* Given data
*****

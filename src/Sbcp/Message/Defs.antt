-- ===== src/Sbcp/Message/Defs.antt =====
-- Messages: the structs and enums of Assignment_2/config.h, get_msg_type (common_lib.c), the
-- make_msg functions and parsers of server_lib.c and client_lib.c.
use Prim.Native.Nat.{bit_or}
use ecen_602_projects.Common.{
  ℕ, zero, suc, ◌+◌, ◌*◌, ◌/◌, ◌%◌, ◌^◌, ◌&&◌, List, [], ◌∷◌, ◌++◌, ltb, ◌==◌, if◌then◌else◌,
  replicate,
}
use ecen_602_projects.Memory.{Outcome, ok, ◌>>=◌, memcpy, slice, c_string}

-- sbcp_header_type_t and sbcp_attribute_type_t
pub data MsgType : Type 0 where
  join fwd send nak offline ack online idle : MsgType

abbrev pub type_code : MsgType → ℕ
type_code MsgType.join = 2
type_code MsgType.fwd = 3
type_code MsgType.send = 4
type_code MsgType.nak = 5
type_code MsgType.offline = 6
type_code MsgType.ack = 7
type_code MsgType.online = 8
type_code MsgType.idle = 9

pub data AttributeType : Type 0 where
  reason username client_count message : AttributeType

abbrev pub attribute_code : AttributeType → ℕ
attribute_code AttributeType.reason = 1
attribute_code AttributeType.username = 2
attribute_code AttributeType.client_count = 3
attribute_code AttributeType.message = 4

abbrev pub vrsn : ℕ
vrsn = 3

-- sizeof(sbcp_msg_t): a word and two attributes of 516 bytes
abbrev pub sizeof_msg : ℕ
sizeof_msg = 1036

pub record Attribute : Type 0 where
  pub attribute_type : ℕ  -- uint16_t
  pub len : ℕ  -- uint16_t
  pub payload : List ℕ  -- char[512]

pub record Msg : Type 0 where
  pub vrsn_type_len : ℕ  -- uint32_t
  pub first : Attribute
  pub second : Attribute

unfoldable pub zeros : ℕ → List ℕ
zeros n = replicate n 0

unfoldable pub empty_attribute : Attribute
empty_attribute = record { attribute_type = 0; len = 0; payload = zeros 512 }

-- VRSN << 23 | type << 16 | sizeof(sbcp_msg_t)
unfoldable pub header : MsgType → ℕ
header t = bit_or (bit_or (vrsn * 2 ^ 23) (type_code t * 2 ^ 16)) sizeof_msg

-- (vrsn_type_len >> 16) & 0b1111111
unfoldable pub get_msg_type : Msg → ℕ
get_msg_type msg = msg.vrsn_type_len / 2 ^ 16 % 2 ^ 7

-- An attribute of a zeroed message, with `n` bytes of `src` copied into its payload.
unfoldable pub fill_attribute : AttributeType → List ℕ → ℕ → Outcome Attribute
fill_attribute t src n = do
  bytes ← slice src 0 n
  payload ← memcpy (zeros 512) 0 bytes
  ok (record { attribute_type = attribute_code t; len = n % 2 ^ 16; payload = payload })

-- A message with one attribute: JOIN, SEND, NAK, OFFLINE, ONLINE, and IDLE from the server.
unfoldable pub make_msg : MsgType → AttributeType → List ℕ → ℕ → Outcome Msg
make_msg t attribute src n = do
  first ← fill_attribute attribute src n
  ok (record { vrsn_type_len = header t; first = first; second = empty_attribute })

unfoldable pub make_msg_join : List ℕ → ℕ → Outcome Msg
make_msg_join name name_len = make_msg MsgType.join AttributeType.username name name_len

unfoldable pub make_msg_send : List ℕ → ℕ → Outcome Msg
make_msg_send text msg_len = make_msg MsgType.send AttributeType.message text msg_len

unfoldable pub make_msg_nak : List ℕ → ℕ → Outcome Msg
make_msg_nak text reason_len = make_msg MsgType.nak AttributeType.reason text reason_len

unfoldable pub make_msg_offline : List ℕ → ℕ → Outcome Msg
make_msg_offline name name_len = make_msg MsgType.offline AttributeType.username name name_len

unfoldable pub make_msg_online : List ℕ → ℕ → Outcome Msg
make_msg_online name name_len = make_msg MsgType.online AttributeType.username name name_len

unfoldable pub make_msg_idle_s : List ℕ → ℕ → Outcome Msg
make_msg_idle_s name name_len = make_msg MsgType.idle AttributeType.username name name_len

-- The client's IDLE has empty attributes.
unfoldable pub make_msg_idle_c : Msg
make_msg_idle_c = record {
  vrsn_type_len = header MsgType.idle;
  first = empty_attribute;
  second = empty_attribute;
}

unfoldable pub make_msg_fwd : List ℕ → ℕ → List ℕ → ℕ → Outcome Msg
make_msg_fwd text msg_len name name_len = do
  first ← fill_attribute AttributeType.message text msg_len
  second ← fill_attribute AttributeType.username name name_len
  ok (record { vrsn_type_len = header MsgType.fwd; first = first; second = second })

-- sprintf of "%d", for the number `count - 1` of the server's call. The digits are those of a
-- number below 10 ^ fuel.
unfoldable pub digits_of : ℕ → ℕ → List ℕ → List ℕ
digits_of zero n acc = acc
digits_of (suc fuel) n acc =
    let more = digits_of fuel (n / 10) ((b'0' + n % 10) ∷ acc) in
    if ltb n 10 then (b'0' + n) ∷ acc else more

unfoldable pub decimal_pred : ℕ → List ℕ
unfolding digits_of
decimal_pred zero = b'-' ∷ b'1' ∷ []
decimal_pred (suc n) = digits_of 10 n []

-- The count and the first 170 bytes of the name array. `stack` is what the array `count_str` of
-- five bytes holds before sprintf; the recorded length of the names is sizeof(160), that is 4.
unfoldable pub make_msg_ack : List ℕ → ℕ → List ℕ → Outcome Msg
make_msg_ack stack count usernames = do
  count_str ← memcpy stack 0 (decimal_pred count ++ 0 ∷ [])
  first ← fill_attribute AttributeType.client_count count_str 5
  names ← fill_attribute AttributeType.username usernames 170
  ok (record {
    vrsn_type_len = header MsgType.ack;
    first = first;
    second = record names { len = 4 };
  })

-- parse_msg_join writes the new name if the attribute is a user name.
unfoldable pub parse_msg_join : Msg → List ℕ → Outcome (List ℕ)
parse_msg_join msg new_name =
    if msg.first.attribute_type == attribute_code AttributeType.username
    then (slice msg.first.payload 0 16 >>= λ bytes. memcpy new_name 0 bytes)
    else ok new_name

unfoldable pub parse_msg_send : Msg → List ℕ → Outcome (List ℕ)
parse_msg_send msg client_message =
    slice msg.first.payload 0 512 >>= λ bytes. memcpy client_message 0 bytes

-- What the client prints, with the strings that "%s" shows.
pub data Shown : Type 0 where
  chat : (user : List ℕ) → (text : List ℕ) → Shown
  has_joined has_left is_idle : (user : List ℕ) → Shown
  rejected : (why : List ℕ) → Shown
  wrong_attribute : Shown

unfoldable pub parse_msg_fwd : Msg → Outcome Shown
parse_msg_fwd msg =
    if (msg.first.attribute_type == attribute_code AttributeType.message)
      && (msg.second.attribute_type == attribute_code AttributeType.username)
    then (do
      user ← c_string msg.second.payload
      text ← c_string msg.first.payload
      ok (chat user text))
    else ok wrong_attribute

unfoldable pub parse_msg_nak : Msg → Outcome Shown
parse_msg_nak msg =
    if msg.first.attribute_type == attribute_code AttributeType.reason
    then (c_string msg.first.payload >>= λ why. ok (rejected why))
    else ok wrong_attribute

unfoldable pub parse_msg_online : Msg → Outcome Shown
parse_msg_online msg =
    if msg.first.attribute_type == attribute_code AttributeType.username
    then (c_string msg.first.payload >>= λ user. ok (has_joined user))
    else ok wrong_attribute

unfoldable pub parse_msg_offline : Msg → Outcome Shown
parse_msg_offline msg =
    if msg.first.attribute_type == attribute_code AttributeType.username
    then (c_string msg.first.payload >>= λ user. ok (has_left user))
    else ok wrong_attribute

*****

* How to complete this task
If a line in the records contains the word "zeros", copy it out.

* Result of this exercise
unfoldable pub zeros : ℕ → List ℕ
zeros n = replicate n 0
empty_attribute = record { attribute_type = 0; len = 0; payload = zeros 512 }
  payload ← memcpy (zeros 512) 0 bytes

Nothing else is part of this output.